EXERCISE. The lines from the start of the records through the one containing "-- The rest" are to be transcribed exactly, and nothing else.

PROVIDED RECORDS.
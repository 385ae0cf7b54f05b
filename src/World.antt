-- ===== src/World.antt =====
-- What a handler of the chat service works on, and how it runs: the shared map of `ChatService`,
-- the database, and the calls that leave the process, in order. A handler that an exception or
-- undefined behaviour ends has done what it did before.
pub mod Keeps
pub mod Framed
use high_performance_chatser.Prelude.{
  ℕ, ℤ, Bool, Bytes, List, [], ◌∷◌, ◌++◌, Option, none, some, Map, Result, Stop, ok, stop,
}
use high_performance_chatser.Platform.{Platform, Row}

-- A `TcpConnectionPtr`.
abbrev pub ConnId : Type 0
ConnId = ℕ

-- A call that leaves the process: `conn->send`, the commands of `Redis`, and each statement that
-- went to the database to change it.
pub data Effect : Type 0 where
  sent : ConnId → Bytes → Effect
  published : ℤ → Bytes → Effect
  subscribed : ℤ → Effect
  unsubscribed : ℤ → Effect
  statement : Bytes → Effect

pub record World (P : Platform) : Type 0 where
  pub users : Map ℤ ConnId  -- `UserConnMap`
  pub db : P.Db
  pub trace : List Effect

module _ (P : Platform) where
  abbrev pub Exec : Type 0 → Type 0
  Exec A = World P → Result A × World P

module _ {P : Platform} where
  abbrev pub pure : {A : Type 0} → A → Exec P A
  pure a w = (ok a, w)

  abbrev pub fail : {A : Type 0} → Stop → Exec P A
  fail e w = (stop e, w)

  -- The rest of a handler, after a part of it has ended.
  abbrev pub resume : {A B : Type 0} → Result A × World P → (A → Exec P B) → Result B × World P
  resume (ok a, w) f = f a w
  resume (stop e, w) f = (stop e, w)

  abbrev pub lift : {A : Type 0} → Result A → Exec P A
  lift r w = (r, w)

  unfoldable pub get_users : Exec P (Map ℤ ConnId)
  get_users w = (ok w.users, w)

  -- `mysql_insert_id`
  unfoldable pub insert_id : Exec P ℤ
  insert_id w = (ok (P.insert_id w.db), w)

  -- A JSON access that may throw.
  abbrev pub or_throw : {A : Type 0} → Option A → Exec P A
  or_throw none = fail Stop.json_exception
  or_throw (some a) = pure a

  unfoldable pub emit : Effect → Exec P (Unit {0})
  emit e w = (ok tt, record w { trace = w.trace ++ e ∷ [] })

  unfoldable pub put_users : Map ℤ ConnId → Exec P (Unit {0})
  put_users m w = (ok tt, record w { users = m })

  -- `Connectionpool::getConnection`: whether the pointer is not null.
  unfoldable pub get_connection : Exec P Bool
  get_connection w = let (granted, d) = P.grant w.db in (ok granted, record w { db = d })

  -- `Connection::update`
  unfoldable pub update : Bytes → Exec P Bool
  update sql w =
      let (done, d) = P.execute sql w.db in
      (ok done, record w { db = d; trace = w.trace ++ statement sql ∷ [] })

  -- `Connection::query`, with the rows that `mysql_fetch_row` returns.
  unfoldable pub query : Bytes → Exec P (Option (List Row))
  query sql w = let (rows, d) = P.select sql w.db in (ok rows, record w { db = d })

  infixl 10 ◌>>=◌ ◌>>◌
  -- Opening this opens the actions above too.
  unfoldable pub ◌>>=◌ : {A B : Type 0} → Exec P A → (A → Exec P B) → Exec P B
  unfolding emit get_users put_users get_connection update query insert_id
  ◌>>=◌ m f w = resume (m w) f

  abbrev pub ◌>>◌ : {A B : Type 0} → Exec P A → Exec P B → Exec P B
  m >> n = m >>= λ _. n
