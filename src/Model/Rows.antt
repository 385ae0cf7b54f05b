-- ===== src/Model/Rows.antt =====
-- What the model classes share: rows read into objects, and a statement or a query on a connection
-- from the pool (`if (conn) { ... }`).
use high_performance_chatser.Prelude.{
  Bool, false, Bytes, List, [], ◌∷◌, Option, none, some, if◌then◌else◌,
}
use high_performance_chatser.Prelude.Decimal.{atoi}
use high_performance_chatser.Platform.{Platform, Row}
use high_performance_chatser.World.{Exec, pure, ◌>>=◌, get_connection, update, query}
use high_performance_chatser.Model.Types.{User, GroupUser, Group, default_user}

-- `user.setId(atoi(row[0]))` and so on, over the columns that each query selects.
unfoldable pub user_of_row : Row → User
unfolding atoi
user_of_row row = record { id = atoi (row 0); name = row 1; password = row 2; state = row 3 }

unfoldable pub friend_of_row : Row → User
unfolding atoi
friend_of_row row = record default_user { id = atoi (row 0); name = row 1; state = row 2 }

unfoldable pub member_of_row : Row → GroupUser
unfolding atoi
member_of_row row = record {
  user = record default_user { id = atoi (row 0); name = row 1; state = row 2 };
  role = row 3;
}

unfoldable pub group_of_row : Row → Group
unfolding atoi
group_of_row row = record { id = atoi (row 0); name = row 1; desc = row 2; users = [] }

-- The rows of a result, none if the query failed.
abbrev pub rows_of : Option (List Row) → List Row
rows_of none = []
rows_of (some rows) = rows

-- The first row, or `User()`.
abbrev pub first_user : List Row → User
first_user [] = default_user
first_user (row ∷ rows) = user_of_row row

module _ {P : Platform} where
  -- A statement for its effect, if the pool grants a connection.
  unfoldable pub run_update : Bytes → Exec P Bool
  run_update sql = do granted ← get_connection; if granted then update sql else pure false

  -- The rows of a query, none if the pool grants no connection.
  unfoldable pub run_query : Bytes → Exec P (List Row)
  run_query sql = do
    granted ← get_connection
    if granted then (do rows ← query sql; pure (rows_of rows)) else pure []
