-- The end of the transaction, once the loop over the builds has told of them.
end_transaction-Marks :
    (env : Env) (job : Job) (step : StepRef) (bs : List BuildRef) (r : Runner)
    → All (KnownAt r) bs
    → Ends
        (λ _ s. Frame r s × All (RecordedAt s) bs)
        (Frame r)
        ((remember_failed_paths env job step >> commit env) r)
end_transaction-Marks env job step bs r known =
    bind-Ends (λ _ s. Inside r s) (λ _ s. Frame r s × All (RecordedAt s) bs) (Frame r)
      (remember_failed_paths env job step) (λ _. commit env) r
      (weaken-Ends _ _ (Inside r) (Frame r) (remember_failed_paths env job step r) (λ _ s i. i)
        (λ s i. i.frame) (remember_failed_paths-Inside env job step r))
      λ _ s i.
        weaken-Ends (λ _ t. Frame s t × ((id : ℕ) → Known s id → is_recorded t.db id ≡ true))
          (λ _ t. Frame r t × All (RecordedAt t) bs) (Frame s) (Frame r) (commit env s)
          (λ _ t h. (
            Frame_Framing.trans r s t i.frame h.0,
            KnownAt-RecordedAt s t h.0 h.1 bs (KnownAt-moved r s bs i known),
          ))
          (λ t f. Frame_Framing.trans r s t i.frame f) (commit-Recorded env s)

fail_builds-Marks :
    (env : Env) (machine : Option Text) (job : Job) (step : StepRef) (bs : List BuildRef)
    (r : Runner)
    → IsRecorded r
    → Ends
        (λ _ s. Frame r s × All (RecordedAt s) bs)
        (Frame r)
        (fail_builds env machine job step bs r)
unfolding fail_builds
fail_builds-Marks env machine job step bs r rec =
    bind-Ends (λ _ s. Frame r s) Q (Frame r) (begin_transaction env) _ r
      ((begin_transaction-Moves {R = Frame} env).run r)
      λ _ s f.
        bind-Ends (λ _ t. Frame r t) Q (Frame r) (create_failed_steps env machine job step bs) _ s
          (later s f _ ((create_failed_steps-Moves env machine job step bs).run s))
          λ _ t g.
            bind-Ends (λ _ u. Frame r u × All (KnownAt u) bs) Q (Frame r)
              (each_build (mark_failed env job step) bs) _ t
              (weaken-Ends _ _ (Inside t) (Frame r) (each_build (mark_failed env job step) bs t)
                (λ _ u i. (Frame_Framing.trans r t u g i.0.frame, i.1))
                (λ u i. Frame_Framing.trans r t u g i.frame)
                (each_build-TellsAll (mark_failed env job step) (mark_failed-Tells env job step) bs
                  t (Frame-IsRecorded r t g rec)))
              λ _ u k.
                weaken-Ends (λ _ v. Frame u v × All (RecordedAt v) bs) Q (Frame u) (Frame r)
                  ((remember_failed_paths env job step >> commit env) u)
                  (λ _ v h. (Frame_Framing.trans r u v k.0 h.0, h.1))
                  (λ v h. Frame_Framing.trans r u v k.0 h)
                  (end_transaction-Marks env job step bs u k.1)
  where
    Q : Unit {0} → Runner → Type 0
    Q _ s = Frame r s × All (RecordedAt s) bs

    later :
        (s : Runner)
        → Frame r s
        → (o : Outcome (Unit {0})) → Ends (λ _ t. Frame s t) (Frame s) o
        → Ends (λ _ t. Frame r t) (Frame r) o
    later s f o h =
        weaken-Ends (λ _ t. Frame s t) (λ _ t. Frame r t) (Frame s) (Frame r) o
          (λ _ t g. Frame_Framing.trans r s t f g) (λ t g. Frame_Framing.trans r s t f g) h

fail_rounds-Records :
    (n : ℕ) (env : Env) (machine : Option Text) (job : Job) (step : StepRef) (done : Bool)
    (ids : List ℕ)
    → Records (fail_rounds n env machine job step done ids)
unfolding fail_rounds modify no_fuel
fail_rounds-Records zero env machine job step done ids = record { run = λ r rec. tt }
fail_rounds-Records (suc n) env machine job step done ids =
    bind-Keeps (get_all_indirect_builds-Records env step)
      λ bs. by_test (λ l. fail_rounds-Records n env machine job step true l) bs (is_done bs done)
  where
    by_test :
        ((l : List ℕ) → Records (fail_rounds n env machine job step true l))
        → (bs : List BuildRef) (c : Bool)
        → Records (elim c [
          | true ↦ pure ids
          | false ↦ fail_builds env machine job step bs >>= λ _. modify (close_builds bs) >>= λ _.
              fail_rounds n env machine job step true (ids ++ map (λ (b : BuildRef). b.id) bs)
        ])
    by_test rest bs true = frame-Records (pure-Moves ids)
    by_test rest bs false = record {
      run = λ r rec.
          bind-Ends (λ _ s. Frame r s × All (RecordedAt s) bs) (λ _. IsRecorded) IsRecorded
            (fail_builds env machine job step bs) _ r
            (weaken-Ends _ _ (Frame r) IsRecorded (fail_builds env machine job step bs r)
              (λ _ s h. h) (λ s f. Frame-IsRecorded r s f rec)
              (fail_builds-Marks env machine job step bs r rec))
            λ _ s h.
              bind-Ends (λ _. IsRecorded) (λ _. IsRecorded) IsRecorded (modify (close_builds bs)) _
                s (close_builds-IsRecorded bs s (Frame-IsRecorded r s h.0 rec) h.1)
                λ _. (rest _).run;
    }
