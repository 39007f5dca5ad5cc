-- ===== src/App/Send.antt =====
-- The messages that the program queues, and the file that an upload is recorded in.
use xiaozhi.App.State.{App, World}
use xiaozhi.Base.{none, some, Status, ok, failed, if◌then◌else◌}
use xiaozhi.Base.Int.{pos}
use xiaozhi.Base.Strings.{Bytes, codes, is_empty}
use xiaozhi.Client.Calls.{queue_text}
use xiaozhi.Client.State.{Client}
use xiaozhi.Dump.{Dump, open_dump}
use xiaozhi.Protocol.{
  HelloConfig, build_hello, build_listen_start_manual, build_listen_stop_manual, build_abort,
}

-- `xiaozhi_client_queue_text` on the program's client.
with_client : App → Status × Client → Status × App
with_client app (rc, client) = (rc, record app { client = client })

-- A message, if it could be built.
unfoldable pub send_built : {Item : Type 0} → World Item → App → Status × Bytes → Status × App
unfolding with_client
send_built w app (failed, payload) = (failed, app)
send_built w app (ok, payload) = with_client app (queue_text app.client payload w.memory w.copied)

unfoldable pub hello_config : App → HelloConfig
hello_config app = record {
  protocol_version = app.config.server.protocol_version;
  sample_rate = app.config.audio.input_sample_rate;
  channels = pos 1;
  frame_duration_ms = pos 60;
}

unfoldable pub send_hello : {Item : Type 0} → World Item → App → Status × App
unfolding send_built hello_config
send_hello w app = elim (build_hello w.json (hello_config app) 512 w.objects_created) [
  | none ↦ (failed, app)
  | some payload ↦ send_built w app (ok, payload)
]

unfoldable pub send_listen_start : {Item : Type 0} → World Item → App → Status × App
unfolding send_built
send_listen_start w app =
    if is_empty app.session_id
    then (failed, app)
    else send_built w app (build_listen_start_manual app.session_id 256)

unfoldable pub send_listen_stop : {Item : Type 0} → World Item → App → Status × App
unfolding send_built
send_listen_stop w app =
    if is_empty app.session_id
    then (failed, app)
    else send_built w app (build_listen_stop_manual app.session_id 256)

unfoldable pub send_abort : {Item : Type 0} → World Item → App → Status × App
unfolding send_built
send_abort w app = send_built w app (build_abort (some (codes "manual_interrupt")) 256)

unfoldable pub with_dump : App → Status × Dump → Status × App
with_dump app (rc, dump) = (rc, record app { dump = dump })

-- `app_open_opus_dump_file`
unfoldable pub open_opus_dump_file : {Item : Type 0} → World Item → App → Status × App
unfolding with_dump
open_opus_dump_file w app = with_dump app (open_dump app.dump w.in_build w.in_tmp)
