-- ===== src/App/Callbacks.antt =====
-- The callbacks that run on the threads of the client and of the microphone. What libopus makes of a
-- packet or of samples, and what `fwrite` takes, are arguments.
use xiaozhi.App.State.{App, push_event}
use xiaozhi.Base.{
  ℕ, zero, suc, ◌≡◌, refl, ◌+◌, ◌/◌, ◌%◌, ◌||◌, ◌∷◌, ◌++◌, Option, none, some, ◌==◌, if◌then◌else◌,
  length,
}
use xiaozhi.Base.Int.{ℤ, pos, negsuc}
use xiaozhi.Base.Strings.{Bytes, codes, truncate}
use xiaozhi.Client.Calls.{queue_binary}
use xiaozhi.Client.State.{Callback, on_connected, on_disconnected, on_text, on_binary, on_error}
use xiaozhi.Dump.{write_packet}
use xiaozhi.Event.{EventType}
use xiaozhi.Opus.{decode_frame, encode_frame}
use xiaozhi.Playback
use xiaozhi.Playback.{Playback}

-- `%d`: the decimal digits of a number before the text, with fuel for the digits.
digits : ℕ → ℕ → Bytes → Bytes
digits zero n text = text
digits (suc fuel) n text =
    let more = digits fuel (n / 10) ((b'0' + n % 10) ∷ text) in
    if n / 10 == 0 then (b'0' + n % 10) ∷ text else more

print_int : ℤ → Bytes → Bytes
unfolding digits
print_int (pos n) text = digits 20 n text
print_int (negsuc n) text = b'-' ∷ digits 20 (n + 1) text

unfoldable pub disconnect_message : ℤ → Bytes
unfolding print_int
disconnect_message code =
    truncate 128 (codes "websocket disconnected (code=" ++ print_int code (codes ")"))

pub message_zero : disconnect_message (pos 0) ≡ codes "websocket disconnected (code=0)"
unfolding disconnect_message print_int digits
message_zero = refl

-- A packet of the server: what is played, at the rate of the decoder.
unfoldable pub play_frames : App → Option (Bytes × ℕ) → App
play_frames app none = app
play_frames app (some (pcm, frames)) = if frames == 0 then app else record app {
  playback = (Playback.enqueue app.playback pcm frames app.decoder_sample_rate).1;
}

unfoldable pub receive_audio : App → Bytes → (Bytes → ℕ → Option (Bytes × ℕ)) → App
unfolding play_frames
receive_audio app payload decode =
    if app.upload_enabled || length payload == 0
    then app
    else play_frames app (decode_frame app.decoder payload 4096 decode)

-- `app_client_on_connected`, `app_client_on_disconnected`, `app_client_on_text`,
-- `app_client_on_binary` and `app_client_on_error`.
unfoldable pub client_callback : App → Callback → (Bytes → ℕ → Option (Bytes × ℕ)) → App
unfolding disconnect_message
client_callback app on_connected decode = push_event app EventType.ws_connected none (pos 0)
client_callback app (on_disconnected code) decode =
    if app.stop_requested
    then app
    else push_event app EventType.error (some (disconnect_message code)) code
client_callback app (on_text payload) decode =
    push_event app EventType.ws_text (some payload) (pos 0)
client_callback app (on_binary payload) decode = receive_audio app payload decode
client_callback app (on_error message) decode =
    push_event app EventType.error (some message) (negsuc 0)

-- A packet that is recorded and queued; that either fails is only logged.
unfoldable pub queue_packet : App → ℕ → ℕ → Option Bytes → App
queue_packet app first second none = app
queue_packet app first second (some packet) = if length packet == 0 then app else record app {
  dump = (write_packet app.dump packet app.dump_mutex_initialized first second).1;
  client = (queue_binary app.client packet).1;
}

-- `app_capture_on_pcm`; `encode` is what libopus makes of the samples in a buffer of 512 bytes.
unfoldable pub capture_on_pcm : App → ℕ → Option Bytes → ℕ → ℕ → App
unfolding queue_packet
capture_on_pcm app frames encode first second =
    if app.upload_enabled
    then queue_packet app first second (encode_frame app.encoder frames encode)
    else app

REPLY.
repository 385ae0cf7b54f05b
filename src/World.antt
-- ===== src/World.antt =====
-- What a handler of the chat service works on, and how it runs: the shared map of `ChatService`,
-- the database, and the calls that leave the process, in order. A handler that an exception or
-- undefined behaviour ends has done what it did before.
pub mod Keeps
pub mod Framed
use high_performance_chatser.Prelude.{
  ℕ, ℤ, Bool, Bytes, List, [], ◌∷◌, ◌++◌, Option, none, some, Map, Result, Stop, ok, stop,
}
use high_performance_chatser.Platform.{Platform, Row}

-- A `TcpConnectionPtr`.
abbrev pub ConnId : Type 0
ConnId = ℕ

-- A call that leaves the process: `conn->send`, the commands of `Redis`, and each statement that
-- went to the database to change it.
pub data Effect : Type 0 where
  sent : ConnId → Bytes → Effect
  published : ℤ → Bytes → Effect
  subscribed : ℤ → Effect
  unsubscribed : ℤ → Effect
  statement : Bytes → Effect

pub record World (P : Platform) : Type 0 where
  pub users : Map ℤ ConnId  -- `UserConnMap`
  pub db : P.Db
  pub trace : List Effect

module _ (P : Platform) where
  abbrev pub Exec : Type 0 → Type 0
  Exec A = World P → Result A × World P

module _ {P : Platform} where
  abbrev pub pure : {A : Type 0} → A → Exec P A
  pure a w = (ok a, w)

  abbrev pub fail : {A : Type 0} → Stop → Exec P A
  fail e w = (stop e, w)

  -- The rest of a handler, after a part of it has ended.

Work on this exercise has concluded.